● **GIVEN INFORMATION**:
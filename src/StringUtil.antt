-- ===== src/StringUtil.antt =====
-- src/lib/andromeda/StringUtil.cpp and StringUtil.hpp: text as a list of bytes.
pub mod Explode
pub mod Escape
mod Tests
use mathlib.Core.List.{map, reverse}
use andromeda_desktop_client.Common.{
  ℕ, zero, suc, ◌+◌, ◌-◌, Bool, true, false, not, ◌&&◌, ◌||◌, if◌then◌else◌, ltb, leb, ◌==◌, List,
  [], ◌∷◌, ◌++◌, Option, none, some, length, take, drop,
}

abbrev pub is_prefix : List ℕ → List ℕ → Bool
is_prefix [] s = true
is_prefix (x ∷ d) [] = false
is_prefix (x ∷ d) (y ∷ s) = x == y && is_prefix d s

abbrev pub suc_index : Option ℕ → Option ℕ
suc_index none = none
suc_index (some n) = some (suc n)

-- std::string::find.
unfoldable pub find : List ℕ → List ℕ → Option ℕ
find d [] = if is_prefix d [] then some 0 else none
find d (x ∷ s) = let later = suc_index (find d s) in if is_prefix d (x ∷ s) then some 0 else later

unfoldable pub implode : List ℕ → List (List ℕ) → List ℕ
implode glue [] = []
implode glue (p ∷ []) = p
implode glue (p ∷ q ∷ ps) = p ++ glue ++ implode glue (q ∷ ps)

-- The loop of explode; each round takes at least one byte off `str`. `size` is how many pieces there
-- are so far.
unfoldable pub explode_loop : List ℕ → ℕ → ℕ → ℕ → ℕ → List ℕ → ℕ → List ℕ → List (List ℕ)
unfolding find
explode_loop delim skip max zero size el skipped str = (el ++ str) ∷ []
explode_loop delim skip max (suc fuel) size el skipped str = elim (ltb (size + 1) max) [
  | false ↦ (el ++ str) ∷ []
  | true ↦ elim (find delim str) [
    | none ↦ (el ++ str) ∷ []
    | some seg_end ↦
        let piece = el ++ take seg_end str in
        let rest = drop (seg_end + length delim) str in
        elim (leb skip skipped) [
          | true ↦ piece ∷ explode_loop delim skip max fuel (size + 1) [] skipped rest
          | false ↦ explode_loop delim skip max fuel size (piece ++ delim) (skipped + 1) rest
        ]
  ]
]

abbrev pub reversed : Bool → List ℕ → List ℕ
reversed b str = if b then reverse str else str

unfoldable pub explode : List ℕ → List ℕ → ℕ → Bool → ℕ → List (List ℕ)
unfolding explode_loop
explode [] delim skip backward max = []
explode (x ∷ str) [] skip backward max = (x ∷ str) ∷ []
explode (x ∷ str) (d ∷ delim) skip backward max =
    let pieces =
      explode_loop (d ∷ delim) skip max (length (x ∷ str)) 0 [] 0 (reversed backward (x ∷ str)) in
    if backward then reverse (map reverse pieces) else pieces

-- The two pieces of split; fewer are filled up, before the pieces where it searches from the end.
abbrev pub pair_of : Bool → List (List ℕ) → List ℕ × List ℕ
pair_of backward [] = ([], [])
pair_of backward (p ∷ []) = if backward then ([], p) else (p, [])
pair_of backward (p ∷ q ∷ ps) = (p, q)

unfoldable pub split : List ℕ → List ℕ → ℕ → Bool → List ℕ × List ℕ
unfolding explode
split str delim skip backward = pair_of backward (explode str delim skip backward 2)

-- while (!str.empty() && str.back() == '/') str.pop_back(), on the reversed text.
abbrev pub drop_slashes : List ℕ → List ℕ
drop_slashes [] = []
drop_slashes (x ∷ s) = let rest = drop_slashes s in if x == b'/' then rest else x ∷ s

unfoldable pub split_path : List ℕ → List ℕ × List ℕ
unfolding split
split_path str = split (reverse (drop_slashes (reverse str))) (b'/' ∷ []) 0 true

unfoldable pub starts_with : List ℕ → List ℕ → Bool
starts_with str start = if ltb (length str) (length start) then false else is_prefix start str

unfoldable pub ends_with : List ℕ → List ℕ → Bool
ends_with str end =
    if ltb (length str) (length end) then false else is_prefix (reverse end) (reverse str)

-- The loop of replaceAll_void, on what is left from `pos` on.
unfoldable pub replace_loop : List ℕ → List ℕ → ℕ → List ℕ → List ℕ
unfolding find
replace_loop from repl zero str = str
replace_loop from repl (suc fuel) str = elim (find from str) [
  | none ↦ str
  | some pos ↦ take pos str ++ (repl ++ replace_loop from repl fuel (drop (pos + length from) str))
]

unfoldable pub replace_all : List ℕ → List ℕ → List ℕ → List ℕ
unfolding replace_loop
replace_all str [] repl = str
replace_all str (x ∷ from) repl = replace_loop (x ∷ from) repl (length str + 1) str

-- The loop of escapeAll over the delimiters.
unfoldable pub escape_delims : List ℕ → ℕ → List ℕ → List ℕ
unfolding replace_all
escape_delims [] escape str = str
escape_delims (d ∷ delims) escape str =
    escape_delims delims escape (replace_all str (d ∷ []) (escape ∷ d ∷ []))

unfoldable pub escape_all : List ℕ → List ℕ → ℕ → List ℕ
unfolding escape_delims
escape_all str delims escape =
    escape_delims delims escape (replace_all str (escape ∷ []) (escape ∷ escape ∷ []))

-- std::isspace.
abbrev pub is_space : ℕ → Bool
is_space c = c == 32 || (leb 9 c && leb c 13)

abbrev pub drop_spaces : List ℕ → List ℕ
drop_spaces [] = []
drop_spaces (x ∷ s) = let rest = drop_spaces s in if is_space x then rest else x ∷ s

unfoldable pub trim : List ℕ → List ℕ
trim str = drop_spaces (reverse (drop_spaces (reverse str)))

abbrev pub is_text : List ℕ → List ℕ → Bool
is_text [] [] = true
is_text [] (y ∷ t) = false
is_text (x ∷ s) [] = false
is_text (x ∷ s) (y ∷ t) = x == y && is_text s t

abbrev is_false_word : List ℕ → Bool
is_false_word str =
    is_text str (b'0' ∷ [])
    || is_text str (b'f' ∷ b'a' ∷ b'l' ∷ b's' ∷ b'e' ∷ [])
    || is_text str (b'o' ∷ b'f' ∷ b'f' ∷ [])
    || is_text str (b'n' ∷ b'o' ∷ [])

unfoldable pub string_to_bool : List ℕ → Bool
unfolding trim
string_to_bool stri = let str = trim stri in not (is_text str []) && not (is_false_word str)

--

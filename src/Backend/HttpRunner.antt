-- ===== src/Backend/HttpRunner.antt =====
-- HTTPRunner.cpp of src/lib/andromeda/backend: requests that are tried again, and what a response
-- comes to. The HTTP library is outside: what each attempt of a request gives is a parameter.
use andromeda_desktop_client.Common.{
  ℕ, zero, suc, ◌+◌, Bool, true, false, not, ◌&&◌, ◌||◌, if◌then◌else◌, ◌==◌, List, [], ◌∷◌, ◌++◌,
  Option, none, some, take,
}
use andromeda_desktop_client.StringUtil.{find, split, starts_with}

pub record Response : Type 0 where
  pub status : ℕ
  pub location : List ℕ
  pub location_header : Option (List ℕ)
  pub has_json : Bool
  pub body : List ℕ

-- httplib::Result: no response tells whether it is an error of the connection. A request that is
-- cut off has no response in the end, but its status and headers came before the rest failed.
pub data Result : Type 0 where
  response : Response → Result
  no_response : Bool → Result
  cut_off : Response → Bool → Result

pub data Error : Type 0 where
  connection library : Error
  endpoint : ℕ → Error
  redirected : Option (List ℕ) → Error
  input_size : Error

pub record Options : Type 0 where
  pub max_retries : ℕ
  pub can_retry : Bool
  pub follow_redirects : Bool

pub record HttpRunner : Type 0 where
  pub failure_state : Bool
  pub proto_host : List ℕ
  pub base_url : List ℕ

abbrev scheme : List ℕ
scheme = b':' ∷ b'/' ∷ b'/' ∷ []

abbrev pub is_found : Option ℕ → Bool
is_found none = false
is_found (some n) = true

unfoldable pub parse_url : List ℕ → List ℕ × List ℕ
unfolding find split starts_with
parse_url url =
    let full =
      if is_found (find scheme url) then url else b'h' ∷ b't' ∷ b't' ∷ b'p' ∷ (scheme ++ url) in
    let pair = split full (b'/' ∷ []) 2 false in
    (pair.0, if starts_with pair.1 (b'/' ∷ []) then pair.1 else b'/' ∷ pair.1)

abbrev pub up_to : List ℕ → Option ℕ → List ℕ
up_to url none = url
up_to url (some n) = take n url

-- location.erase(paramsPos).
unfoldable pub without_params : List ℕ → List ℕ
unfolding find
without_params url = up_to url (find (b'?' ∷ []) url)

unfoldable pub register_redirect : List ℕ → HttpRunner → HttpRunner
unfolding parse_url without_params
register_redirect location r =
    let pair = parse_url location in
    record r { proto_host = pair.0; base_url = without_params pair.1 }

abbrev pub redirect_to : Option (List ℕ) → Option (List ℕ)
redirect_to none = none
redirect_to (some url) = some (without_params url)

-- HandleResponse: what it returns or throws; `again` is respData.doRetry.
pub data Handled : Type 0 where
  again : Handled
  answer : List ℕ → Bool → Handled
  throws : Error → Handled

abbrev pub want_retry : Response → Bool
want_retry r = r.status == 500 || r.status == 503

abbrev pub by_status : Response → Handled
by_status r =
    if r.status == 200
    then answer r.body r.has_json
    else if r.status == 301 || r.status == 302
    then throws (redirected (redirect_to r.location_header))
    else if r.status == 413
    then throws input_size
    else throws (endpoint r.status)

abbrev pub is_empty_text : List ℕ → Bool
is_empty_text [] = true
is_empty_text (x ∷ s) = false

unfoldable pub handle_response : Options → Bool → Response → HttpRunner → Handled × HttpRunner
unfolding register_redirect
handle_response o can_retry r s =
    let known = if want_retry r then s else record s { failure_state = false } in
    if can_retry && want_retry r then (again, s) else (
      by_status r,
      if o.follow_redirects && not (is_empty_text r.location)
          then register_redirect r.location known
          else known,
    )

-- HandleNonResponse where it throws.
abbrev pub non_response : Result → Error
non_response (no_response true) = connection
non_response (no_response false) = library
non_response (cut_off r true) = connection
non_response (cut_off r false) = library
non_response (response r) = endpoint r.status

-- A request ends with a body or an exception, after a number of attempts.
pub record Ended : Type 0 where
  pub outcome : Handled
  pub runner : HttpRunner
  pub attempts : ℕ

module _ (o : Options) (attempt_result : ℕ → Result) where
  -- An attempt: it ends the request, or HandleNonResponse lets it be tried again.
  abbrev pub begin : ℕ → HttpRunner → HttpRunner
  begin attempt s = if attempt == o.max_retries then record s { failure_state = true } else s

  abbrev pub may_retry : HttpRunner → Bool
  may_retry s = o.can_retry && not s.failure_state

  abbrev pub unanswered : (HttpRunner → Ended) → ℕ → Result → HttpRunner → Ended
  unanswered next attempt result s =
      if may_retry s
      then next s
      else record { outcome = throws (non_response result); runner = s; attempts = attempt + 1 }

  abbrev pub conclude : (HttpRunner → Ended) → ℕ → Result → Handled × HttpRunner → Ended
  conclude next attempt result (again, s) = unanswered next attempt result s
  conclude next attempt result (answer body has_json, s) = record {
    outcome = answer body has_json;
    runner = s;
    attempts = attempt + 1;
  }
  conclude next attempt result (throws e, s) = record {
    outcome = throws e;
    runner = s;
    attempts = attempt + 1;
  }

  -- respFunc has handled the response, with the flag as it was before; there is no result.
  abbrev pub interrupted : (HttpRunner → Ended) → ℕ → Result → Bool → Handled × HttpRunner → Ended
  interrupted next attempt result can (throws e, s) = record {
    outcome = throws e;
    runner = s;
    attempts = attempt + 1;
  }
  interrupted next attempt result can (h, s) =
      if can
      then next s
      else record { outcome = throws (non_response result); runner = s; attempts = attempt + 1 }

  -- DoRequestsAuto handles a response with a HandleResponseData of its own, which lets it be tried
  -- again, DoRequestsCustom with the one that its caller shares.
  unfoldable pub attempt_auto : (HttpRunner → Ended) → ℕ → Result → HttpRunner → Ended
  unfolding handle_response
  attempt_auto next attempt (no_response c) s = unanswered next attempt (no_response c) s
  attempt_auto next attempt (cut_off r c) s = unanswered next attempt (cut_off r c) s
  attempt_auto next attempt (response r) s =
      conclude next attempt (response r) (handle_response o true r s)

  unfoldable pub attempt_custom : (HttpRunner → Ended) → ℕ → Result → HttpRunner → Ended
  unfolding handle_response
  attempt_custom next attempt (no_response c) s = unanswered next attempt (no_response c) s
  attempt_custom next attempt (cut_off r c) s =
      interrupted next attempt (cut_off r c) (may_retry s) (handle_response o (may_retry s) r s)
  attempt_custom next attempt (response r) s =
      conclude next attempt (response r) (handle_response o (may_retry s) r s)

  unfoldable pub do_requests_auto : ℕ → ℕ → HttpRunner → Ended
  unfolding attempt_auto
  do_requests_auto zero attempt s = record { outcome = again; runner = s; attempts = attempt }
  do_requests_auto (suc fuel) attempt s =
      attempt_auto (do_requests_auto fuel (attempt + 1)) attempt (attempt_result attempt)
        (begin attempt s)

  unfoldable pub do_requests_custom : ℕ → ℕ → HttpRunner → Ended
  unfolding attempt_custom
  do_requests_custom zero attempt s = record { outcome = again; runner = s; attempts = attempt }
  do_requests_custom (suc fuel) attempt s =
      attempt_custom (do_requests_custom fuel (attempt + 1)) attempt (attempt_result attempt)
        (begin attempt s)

● **EXERCISE DESCRIPTION**:
After locating the line holding "replace_all str [] repl = str" above, output exactly that line and every line after it through the line holding "string_to_bool stri = let". Include nothing else.

● **REPLY TO THE EXERCISE**:
replace_all str [] repl = str
replace_all str (x ∷ from) repl = replace_loop (x ∷ from) repl (length str + 1) str

-- The loop of escapeAll over the delimiters.
unfoldable pub escape_delims : List ℕ → ℕ → List ℕ → List ℕ
unfolding replace_all
escape_delims [] escape str = str
escape_delims (d ∷ delims) escape str =
    escape_delims delims escape (replace_all str (d ∷ []) (escape ∷ d ∷ []))

unfoldable pub escape_all : List ℕ → List ℕ → ℕ → List ℕ
unfolding escape_delims
escape_all str delims escape =
    escape_delims delims escape (replace_all str (escape ∷ []) (escape ∷ escape ∷ []))

-- std::isspace.
abbrev pub is_space : ℕ → Bool
is_space c = c == 32 || (leb 9 c && leb c 13)

abbrev pub drop_spaces : List ℕ → List ℕ
drop_spaces [] = []
drop_spaces (x ∷ s) = let rest = drop_spaces s in if is_space x then rest else x ∷ s

unfoldable pub trim : List ℕ → List ℕ
trim str = drop_spaces (reverse (drop_spaces (reverse str)))

abbrev pub is_text : List ℕ → List ℕ → Bool
is_text [] [] = true
is_text [] (y ∷ t) = false
is_text (x ∷ s) [] = false
is_text (x ∷ s) (y ∷ t) = x == y && is_text s t

abbrev is_false_word : List ℕ → Bool
is_false_word str =
    is_text str (b'0' ∷ [])
    || is_text str (b'f' ∷ b'a' ∷ b'l' ∷ b's' ∷ b'e' ∷ [])
    || is_text str (b'o' ∷ b'f' ∷ b'f' ∷ [])
    || is_text str (b'n' ∷ b'o' ∷ [])

unfoldable pub string_to_bool : List ℕ → Bool
unfolding trim
string_to_bool stri = let str = trim stri in not (is_text str []) && not (is_false_word str)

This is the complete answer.